Der Anime startet am 6. November 2026 weltweit bei Prime Video im Simulcast. Die Vorlage stammt von Reki Kawahara, also ausgerechnet dem Mann, der mit Sword Art Online das moderne Anime-Spielwelttrauma mitgeprägt hat. Diesmal bleibt der Schrecken aber nicht sauber hinter der Headset-Grenze. Actual Magic wirkt weniger wie ein Abenteuerprogramm und mehr wie ein Systemfehler mit Zähnen. Wenn ein Spiel beginnt, Realität zu übermalen, ist der Logout-Button plötzlich kein Komfort mehr, sondern eine philosophische Bitte.

🎬 Offizieller Trailer

Der Trailer zu Devils’ Crest zeigt Actual Magic als VRMMO, bei dem Spielwelt, Realität und Monsterkörper offenbar beschlossen haben, keine saubere Grenze mehr zu akzeptieren.

🧬 Actual Magic klingt wie ein Spiel, das die Haustür kennt

Der Reiz liegt im Perspektivwechsel. Devils’ Crest setzt nicht einfach auf „Spieler sitzen im Game fest“, sondern auf die unsaubere Vermischung beider Ebenen. Yuma Ashihara und seine Klassenkameraden betreten eine Fantasyumgebung, doch nach dem Test kippt etwas. Spielmechanik, Körper, Monster und Wirklichkeit beginnen ineinanderzugreifen. Gerade dieser Übergang kann stark werden, weil er die übliche Sicherheitsdistanz zerstört. Ein Dungeon ist schlimm. Ein Dungeon, der dir nach Hause folgt, ist schlechter erzogen.
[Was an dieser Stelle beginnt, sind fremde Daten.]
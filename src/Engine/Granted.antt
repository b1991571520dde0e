-- ===== src/Engine/Granted.antt =====
-- desktop/src/engine/mod.rs: every way in which a connection comes to be authorised.
use antarloka.Prelude.{
  ℕ, ◌≡◌, ◌⊎◌, inl, inr, refl, Bool, true, Option, some, arith, list_eq, nat_eq, ◌==◌, Bool-cases,
  list_beq_iff,
}
use antarloka.Prelude.Map.{retain, lookup, remove, lookup-remove}
use antarloka.Text.{Str, Bytes}
use antarloka.Proto.Message.{Message, TransferId}
use antarloka.Security.Fingerprint.{DeviceId, device_id}
use antarloka.Security.Trust.{is_authorised}
use antarloka.Net.Discovery.{DiscoveredPeer}
use antarloka.Engine.State.{Inner, Params, Env, Conn, emit, send, send_raw, send_to, close}
use antarloka.Engine.Pairing.{save_trust}
use antarloka.Engine.Incoming.{abort_incoming, respond_offer}
use antarloka.Engine.Dispatch.{conn_authorised}
use antarloka.Engine.Connection.{
  Handshaked, open_connection, end_connection, fail_transfers_for, transfers_from,
}
use antarloka.Engine.Commands.{
  disconnect, send_text, forget, set_device_auto_accept, set_device_blocked, update_config,
  cancel_incoming, cancel_transfer,
}
use antarloka.Engine.Housekeeping.{
  on_beacon, is_alive, expired, expire_peers, overdue, expire_pairings, ping_all,
}
use antarloka.Engine.Texts.{connection_closed}
use antarloka.Engine.Approval.{
  Approves, same_conns, on_message-authorised, respond_pairing-authorised,
}
use antarloka.Engine.Ending.{abort_all-conns}
use antarloka.Engine.Lifecycle.{open_connection-Opened}
use antarloka.Engine.Frame.{respond_offer-SameSessions}
use antarloka.Engine.Sending.{offer_file, take_answer, send_round, end_send}
use antarloka.Engine.Sending.Kept.{
  offer_file-SameTables, take_answer-SameTables, send_round-SameTables, end_send-SameTables,
}
use antarloka.Engine.Kept.{report_lost-SameTables, ping_conns-SameTables, close_overdue-SameTables}
use antarloka.Engine.Steps.{
  offered, answered, sent_round, sent_all, Step, message, opened, ended, pairing_answer,
  offer_answer, text, cancelled, forgotten, auto_accept, blocked, configured, beacon, peers_expired,
  pairings_expired, pinged,
}

-- What a step must be for it to authorise the connection of `d`: the peer's approval after the
-- user's, the user's after the peer's, or a handshake with a key that the trust store authorises.
abbrev pub Grants : {px : Params} {s t : Inner} → Step px s t → DeviceId → Type 0
Grants {px} (message env s device key msg) d = (msg ≡ Message.pair_accept) × Approves s device d
Grants {px} (pairing_answer env s device answer) d =
    (answer ≡ true)
    × ((d ≡ device) × ((c : Conn) × (lookup device s.conns ≡ some c) × (c.remote_ok ≡ true)))
Grants {px} (opened env s hs we_dialed expected) d =
    (d ≡ device_id px.blake2s hs.remote_static)
    × (is_authorised px.b64 s.trust hs.remote_static ≡ true)
Grants {px} (ended env s device channel reason) d = ⊥
Grants {px} (offer_answer env s id answer) d = ⊥
Grants {px} (text env s device id t) d = ⊥
Grants {px} (cancelled env s id) d = ⊥
Grants {px} (forgotten env s device) d = ⊥
Grants {px} (auto_accept env s device on) d = ⊥
Grants {px} (blocked env s device b) d = ⊥
Grants {px} (configured s c) d = ⊥
Grants {px} (beacon env s p) d = ⊥
Grants {px} (peers_expired env s) d = ⊥
Grants {px} (pairings_expired env s) d = ⊥
Grants {px} (pinged s) d = ⊥
Grants {px} (offered env s to id name path hashed) d = ⊥
Grants {px} (answered s x file) d = ⊥
Grants {px} (sent_round env s x read) d = ⊥
Grants {px} (sent_all env s x) d = ⊥

end_connection-authorised :
    (env : Env) (s : Inner) (device d : DeviceId) (channel : ℕ) (reason : Str)
    → conn_authorised (end_connection env s device channel reason) d ≡ true
    → conn_authorised s d ≡ true
unfolding end_connection fail_transfers_for emit close conn_authorised
end_connection-authorised env s device d channel reason h =
    let s2 = record (close s channel) { conns = remove device s.conns } in
    ground (
      arith,
      abort_all-conns env connection_closed (transfers_from device s.incoming) s2,
      lookup-remove device d s.conns,
    )

module _ (px : Params) (env : Env) where
  open_connection-authorised :
      (s : Inner) (hs : Handshaked) (w : Bool) (expected : Option Bytes) (d : DeviceId)
      → conn_authorised (open_connection px env s hs w expected).1 d ≡ true
      → (conn_authorised s d ≡ true)
        ⊎ ((d ≡ device_id px.blake2s hs.remote_static)
            × (is_authorised px.b64 s.trust hs.remote_static ≡ true))
  unfolding conn_authorised
  open_connection-authorised s hs w expected d h =
      let device = device_id px.blake2s hs.remote_static in
      elim (open_connection-Opened px env s hs w expected) [
        | inl (closed, same) ↦
            inl (same_conns s (open_connection px env s hs w expected).1 d same h)
        | inr (live, o) ↦ elim (Bool-cases (device == d)) [
          | inl e ↦ inr (ground (arith, list_beq_iff nat_eq device d, o.authorised))
          | inr n ↦ inl (ground (arith, o.others d n))
        ]
      ]

  send_text-conns :
      (s : Inner) (d : DeviceId) (id : TransferId) (t : Str)
      → (send_text px env s d id t).conns ≡ s.conns
  unfolding send_text send_to send emit
  send_text-conns s d id t = ground arith

  cancel_transfer-conns :
      (s : Inner) (id : TransferId) → (cancel_transfer px env s id).conns ≡ s.conns
  unfolding cancel_transfer cancel_incoming abort_incoming send_to send send_raw emit
  cancel_transfer-conns s id = ground arith

  forget-conns : (s : Inner) (d : DeviceId) → (forget px env s d).conns ≡ s.conns
  unfolding forget disconnect save_trust emit close
  forget-conns s d = ground arith

  set_device_auto_accept-conns :
      (s : Inner) (d : DeviceId) (on : Bool)
      → (set_device_auto_accept px env s d on).conns ≡ s.conns
  unfolding set_device_auto_accept save_trust emit
  set_device_auto_accept-conns s d on = ground arith

  set_device_blocked-conns :
      (s : Inner) (d : DeviceId) (b : Bool) → (set_device_blocked px env s d b).conns ≡ s.conns
  unfolding set_device_blocked disconnect save_trust emit close
  set_device_blocked-conns s d b = ground arith

  on_beacon-conns : (s : Inner) (p : DiscoveredPeer) → (on_beacon px env s p).conns ≡ s.conns
  unfolding on_beacon emit
  on_beacon-conns s p = ground arith

  expire_pairings-conns : (s : Inner) → (expire_pairings px env s).conns ≡ s.conns
  unfolding expire_pairings
  expire_pairings-conns s = (close_overdue-SameTables px env (overdue env.now s.conns) s).conns

-- Whatever happens, a connection that is authorised after a step was so before it, or the step is
-- one of the three that `Grants` allows.
pub step-authorised :
    {px : Params} {s t : Inner} (step : Step px s t) (d : DeviceId)
    → conn_authorised t d ≡ true
    → (conn_authorised s d ≡ true) ⊎ Grants step d
unfolding ping_all expire_peers update_config
step-authorised {px} (message env s device key msg) d h =
    on_message-authorised px env s device d key msg h
step-authorised {px} (pairing_answer env s device answer) d h =
    respond_pairing-authorised px env s device d answer h
step-authorised {px} (opened env s hs w expected) d h =
    open_connection-authorised px env s hs w expected d h
step-authorised {px} (ended env s device channel reason) d h =
    inl (end_connection-authorised env s device d channel reason h)
step-authorised {px} (offer_answer env s id answer) d h = inl (
    same_conns s (respond_offer px env s id answer) d
      (respond_offer-SameSessions px env s id answer).conns h)
step-authorised {px} (text env s device id t) d h =
    inl (same_conns s (send_text px env s device id t) d (send_text-conns px env s device id t) h)
step-authorised {px} (cancelled env s id) d h =
    inl (same_conns s (cancel_transfer px env s id) d (cancel_transfer-conns px env s id) h)
step-authorised {px} (forgotten env s device) d h =
    inl (same_conns s (forget px env s device) d (forget-conns px env s device) h)
step-authorised {px} (auto_accept env s device on) d h = inl (
    same_conns s (set_device_auto_accept px env s device on) d
      (set_device_auto_accept-conns px env s device on) h)
step-authorised {px} (blocked env s device b) d h = inl (
    same_conns s (set_device_blocked px env s device b) d
      (set_device_blocked-conns px env s device b) h)
step-authorised {px} (configured s c) d h = inl (same_conns s (update_config s c) d refl h)
step-authorised {px} (beacon env s p) d h =
    inl (same_conns s (on_beacon px env s p) d (on_beacon-conns px env s p) h)
step-authorised {px} (peers_expired env s) d h = inl (
    same_conns s (expire_peers env s) d
      (report_lost-SameTables (expired env.now s.peers)
        (record s { peers = retain (λ id e. is_alive env.now e) s.peers })).conns
      h)
step-authorised {px} (pairings_expired env s) d h =
    inl (same_conns s (expire_pairings px env s) d (expire_pairings-conns px env s) h)
step-authorised {px} (pinged s) d h =
    inl (same_conns s (ping_all s) d (ping_conns-SameTables s.conns s).conns h)
step-authorised {px} (offered env s to id name path hashed) d h = inl (
    same_conns s (offer_file px env s to id name path hashed).1 d
      (offer_file-SameTables px env s to id name path hashed).conns h)
step-authorised {px} (answered s x file) d h =
    inl (same_conns s (take_answer s x file).1 d (take_answer-SameTables s x file).conns h)
step-authorised {px} (sent_round env s x read) d h =
    inl (
      same_conns s (send_round px env s x read).1 d (send_round-SameTables px env s x read).conns h)
step-authorised {px} (sent_all env s x) d h =
    inl (same_conns s (end_send px env s x) d (end_send-SameTables px env s x).conns h)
Mit Production I.G im Rücken, Kenichirou Komaya auf dem Regiestuhl, Eiji Umehara am Drehbuch und Yukiko Horiguchi beim Charakterdesign steht zumindest ein spannendes Team hinter der Sache. Dazu kommt Ado mit dem Opening „Shinka“, was dem Ganzen direkt mehr Wucht gibt. Der Titel passt: Entwicklung, Verwandlung, nächster Zustand. Bei Devils’ Crest dürfte diese Entwicklung allerdings nicht hübsch in einem Menü aufblinken, sondern eher mitten durch Körper, Freundschaften und Realität schneiden.